LIBPF is different from other process flowsheet simulation tools in scope, size, workflow, object orientation and modeling technology.
In practice 80% of processes can be modeled with sufficient accuracy using just 20% of the features of any general-purpose tool.
In other words, 80% of the value can be obtained with 20% of the effort. For this reason in the development of LIBPF easy-to-implement, high-return modeling features have been given higher priority, resulting in a simple design but sufficient for most practical applications.
The LIBPF Software Development Kit (SDK) aims at providing models with a small footprint, capable of running on a variety of hardware and software architectures, from the industrial PC to the client/server corporate environment and from Windows to OSX and Linux clients. The typical size of the compiled and statically linked calculation kernel is between 2 and 6 MB.
The way to use LIBPF as a modeling tool is based on the distinction of library developers, model developers and model users:
The library developers take care of maintaining and developing the Software Development Kit (SDK);
The model developers writes some additional C++ code and link it to the LIBPF SDK library, generating applications;
The applications are deployed to the model users who do not need any programming skills to use the models.

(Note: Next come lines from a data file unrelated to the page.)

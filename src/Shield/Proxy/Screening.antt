-- ===== src/Shield/Proxy/Screening.antt =====
-- proxy.rs: what the agent gets of a response that was inspected.
use project_black_monolith.Prelude.{
  ◌≡◌, refl, ap, ◌↔◌, ◌⊎◌, inl, inr, false, List, [], ◌∷◌, ◌++◌, Bool-cases, arith,
}
use project_black_monolith.Text.{Text}
use project_black_monolith.Text.Search.{All, is_empty_iff}
use project_black_monolith.Json.{
  Json, null, bool, number, string, array, object, Items, nil, cons, Members, end, member, items,
}
use project_black_monolith.Shield.Sanitizer.Scan.{Finding, scan_injection}
use project_black_monolith.Shield.Proxy.{monitor, enforce}
use project_black_monolith.Shield.Proxy.Responses.{
  error_redaction_notice, neutral_string, neutralize_error_prose, neutralize_items,
  neutralize_members, field_findings, is_blocked_entry, keep_entries,
}

-- Every string of the value has the property.
abbrev mutual
  pub AllStrings : (Text → Type 0) → Json → Type 0
  AllStrings P (string s) = P s
  AllStrings P (array values) = AllIn P values
  AllStrings P (object map) = AllUnder P map
  AllStrings P null = Unit
  AllStrings P (bool b) = Unit
  AllStrings P (number n) = Unit

  AllIn : (Text → Type 0) → Items → Type 0
  AllIn P nil = Unit
  AllIn P (cons value values) = AllStrings P value × AllIn P values

  AllUnder : (Text → Type 0) → Members → Type 0
  AllUnder P end = Unit
  AllUnder P (member key value map) = AllStrings P value × AllUnder P map

append-nil_iff {ℓ} : {A : Type ℓ} (xs ys : List A) → xs ++ ys ≡ [] → (xs ≡ []) × (ys ≡ [])
append-nil_iff [] ys h = (refl, h)
append-nil_iff (x ∷ xs) ys h = cc

module _ (lowercase : Text → Text) where
  -- The string is the notice, or nothing is found in it.
  abbrev pub IsNeutral : Text → Type 0
  IsNeutral s = (s ≡ error_redaction_notice) ⊎ (scan_injection lowercase s ≡ [])

  neutral_string-AllStrings :
      (s : Text) (hits : List Finding)
      → scan_injection lowercase s ≡ hits
      → AllStrings IsNeutral ((neutral_string s hits).0)
        × ((neutral_string s hits).1 ≡ [] → (neutral_string s hits).0 ≡ string s)
  unfolding neutral_string
  neutral_string-AllStrings s [] h = (inr h, λ e. refl)
  neutral_string-AllStrings s (hit ∷ hits) h = (inl refl, λ e. cc)

  mutual
    unfolding neutralize_error_prose

    neutralize_error_prose-AllStrings :
        (value : Json)
        → AllStrings IsNeutral ((neutralize_error_prose lowercase value).0)
          × ((neutralize_error_prose lowercase value).1 ≡ []
              → (neutralize_error_prose lowercase value).0 ≡ value)
    neutralize_error_prose-AllStrings (string s) =
        neutral_string-AllStrings s (scan_injection lowercase s) refl
    neutralize_error_prose-AllStrings (array values) =
        let (clean, same) = neutralize_items-AllIn values in (clean, λ e. ap array (same e))
    neutralize_error_prose-AllStrings (object map) =
        let (clean, same) = neutralize_members-AllUnder map in (clean, λ e. ap object (same e))
    neutralize_error_prose-AllStrings null = (tt, λ e. refl)
    neutralize_error_prose-AllStrings (bool b) = (tt, λ e. refl)
    neutralize_error_prose-AllStrings (number n) = (tt, λ e. refl)

    neutralize_items-AllIn :
        (values : Items)
        → AllIn IsNeutral ((neutralize_items lowercase values).0)
          × ((neutralize_items lowercase values).1 ≡ []
              → (neutralize_items lowercase values).0 ≡ values)
    neutralize_items-AllIn nil = (tt, λ e. refl)
    neutralize_items-AllIn (cons value values) =
        let (clean, same) = neutralize_error_prose-AllStrings value in
        let (cleans, sames) = neutralize_items-AllIn values in
        (
          (clean, cleans),
          λ e. let both = append-nil_iff _ _ e in cc (same (both.0), sames (both.1)),
        )

    neutralize_members-AllUnder :
        (map : Members)
        → AllUnder IsNeutral ((neutralize_members lowercase map).0)
          × ((neutralize_members lowercase map).1 ≡ [] → (neutralize_members lowercase map).0 ≡ map)
    neutralize_members-AllUnder end = (tt, λ e. refl)
    neutralize_members-AllUnder (member key value map) =
        let (clean, same) = neutralize_error_prose-AllStrings value in
        let (cleans, sames) = neutralize_members-AllUnder map in
        (
          (clean, cleans),
          λ e. let both = append-nil_iff _ _ e in cc (same (both.0), sames (both.1)),
        )

-- Every string of a neutral error is free of injection or is the notice, and an error in which
-- nothing is found is left as it is.
pub neutralize_error_prose-IsNeutral :
    (lowercase : Text → Text) (value : Json)
    → AllStrings (IsNeutral lowercase) ((neutralize_error_prose lowercase value).0)
      × ((neutralize_error_prose lowercase value).1 ≡ []
          → (neutralize_error_prose lowercase value).0 ≡ value)
neutralize_error_prose-IsNeutral lowercase value = neutralize_error_prose-AllStrings lowercase value

-- An entry of a catalog that is an object without findings
abbrev IsCleanEntry : (Text → Text) → List Text → Json → Type 0
IsCleanEntry lowercase fields (object entry) = field_findings lowercase fields entry ≡ []
IsCleanEntry lowercase fields (array vs) = ⊥
IsCleanEntry lowercase fields null = ⊥
IsCleanEntry lowercase fields (bool b) = ⊥
IsCleanEntry lowercase fields (number n) = ⊥
IsCleanEntry lowercase fields (string s) = ⊥

abbrev pub IsObject : Json → Type 0
IsObject (object map) = Unit
IsObject (array vs) = ⊥
IsObject null = ⊥
IsObject (bool b) = ⊥
IsObject (number n) = ⊥
IsObject (string s) = ⊥

is_blocked_entry-clean :
    (lowercase : Text → Text) (fields : List Text) (entry : Json)
    → is_blocked_entry lowercase enforce fields entry ≡ false
    → IsCleanEntry lowercase fields entry
unfolding is_blocked_entry
is_blocked_entry-clean lowercase fields (object entry) h =
    (is_empty_iff (field_findings lowercase fields entry)).0 (ground arith)
is_blocked_entry-clean lowercase fields (array vs) h = cc
is_blocked_entry-clean lowercase fields null h = cc
is_blocked_entry-clean lowercase fields (bool b) h = cc
is_blocked_entry-clean lowercase fields (number n) h = cc
is_blocked_entry-clean lowercase fields (string s) h = cc

-- In enforce mode, every entry of a catalog that stays is an object whose fields have no finding.
keep_entries-IsCleanEntry :
    (lowercase : Text → Text) (fields : List Text) (entries : Items)
    → All
        (IsCleanEntry lowercase fields)
        (items ((keep_entries lowercase enforce fields entries).0))
unfolding keep_entries
keep_entries-IsCleanEntry lowercase fields nil = tt
keep_entries-IsCleanEntry lowercase fields (cons entry entries) =
    elim (Bool-cases (is_blocked_entry lowercase enforce fields entry)) [
      | inl blocked ↦
          rw (blocked, keep_entries) (keep_entries-IsCleanEntry lowercase fields entries)
      | inr kept ↦
          rw (kept, keep_entries)
            (
              is_blocked_entry-clean lowercase fields entry kept,
              keep_entries-IsCleanEntry lowercase fields entries,
            )
    ]

-- In monitor mode a catalog is left as it is exactly if all of its entries are objects: an entry of
-- another kind is taken out in this mode too.
pub keep_entries-monitor :
    (lowercase : Text → Text) (fields : List Text) (entries : Items)
    → ((keep_entries lowercase monitor fields entries).1 ≡ false) ↔ All IsObject (items entries)
unfolding keep_entries is_blocked_entry
keep_entries-monitor lowercase fields nil = (λ h. tt, λ h. refl)
keep_entries-monitor lowercase fields (cons (object entry) entries) =
    let rest = keep_entries-monitor lowercase fields entries in
    (λ h. (tt, rest.0 h), λ h. rest.1 (h.1))
keep_entries-monitor lowercase fields (cons (array vs) entries) = (λ h. cc, λ h. absurd (h.0))
keep_entries-monitor lowercase fields (cons null entries) = (λ h. cc, λ h. absurd (h.0))
keep_entries-monitor lowercase fields (cons (bool b) entries) = (λ h. cc, λ h. absurd (h.0))
keep_entries-monitor lowercase fields (cons (number n) entries) = (λ h. cc, λ h. absurd (h.0))
keep_entries-monitor lowercase fields (cons (string s) entries) = (λ h. cc, λ h. absurd (h.0))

The model user receives the model as a black-box executable with no access to the underlying equations and assumptions; she can play around with model inputs and configuration options but no change in the structure is possible. This is an advantage in cases where the model contains process know-how which is not desirable to disclose to the model users.
In C++ there is more than just the character string, floating point and integer numbers types found in other languages: C++ is an object-oriented language and allows the programmer to define object types (classes).
Programming with LIBPF is simple for process engineers since all concepts used in process modeling have already been translated into C++ classes: values with units of measurement, components, phases, reactions, material streams, unit operations, multistage unit operations ans so on. Furthermore, even the flowsheets created by the model developer are new object types.
Defining flowsheets as objects allows one to separate structure and configuration (unique for a given flowsheet type) from the operating conditions, which can differ for each instance. This separation makes model reuse easier and encourages an orderly workflow.
LIBPF is based on an hybrid sequential/simultaneous solution, where not all variables are exposed as unknowns, obtaining a less-sparse, but smaller-sized non-linear system of equations when compared to fully open equation tools.
LIBPF can exploit modern multi-core CPUs (Central Processing Units) thanks to a unique flowsheet sequencing scheme that exploits the intrinsic parallelism or the problem.
LIBPF is designed around a quantity type which extends the familiar double precision C++ floating point type with run-time analytical derivative and unit of measurement checking: run-time analytical derivatives provide transparently reconfigurable handling of sparse systems, without with zero-effort handling of conditionals and discontinuous changes; unit of measurement checking traps dimensional errors increasing the guarantees on the quality of both user-written and library code.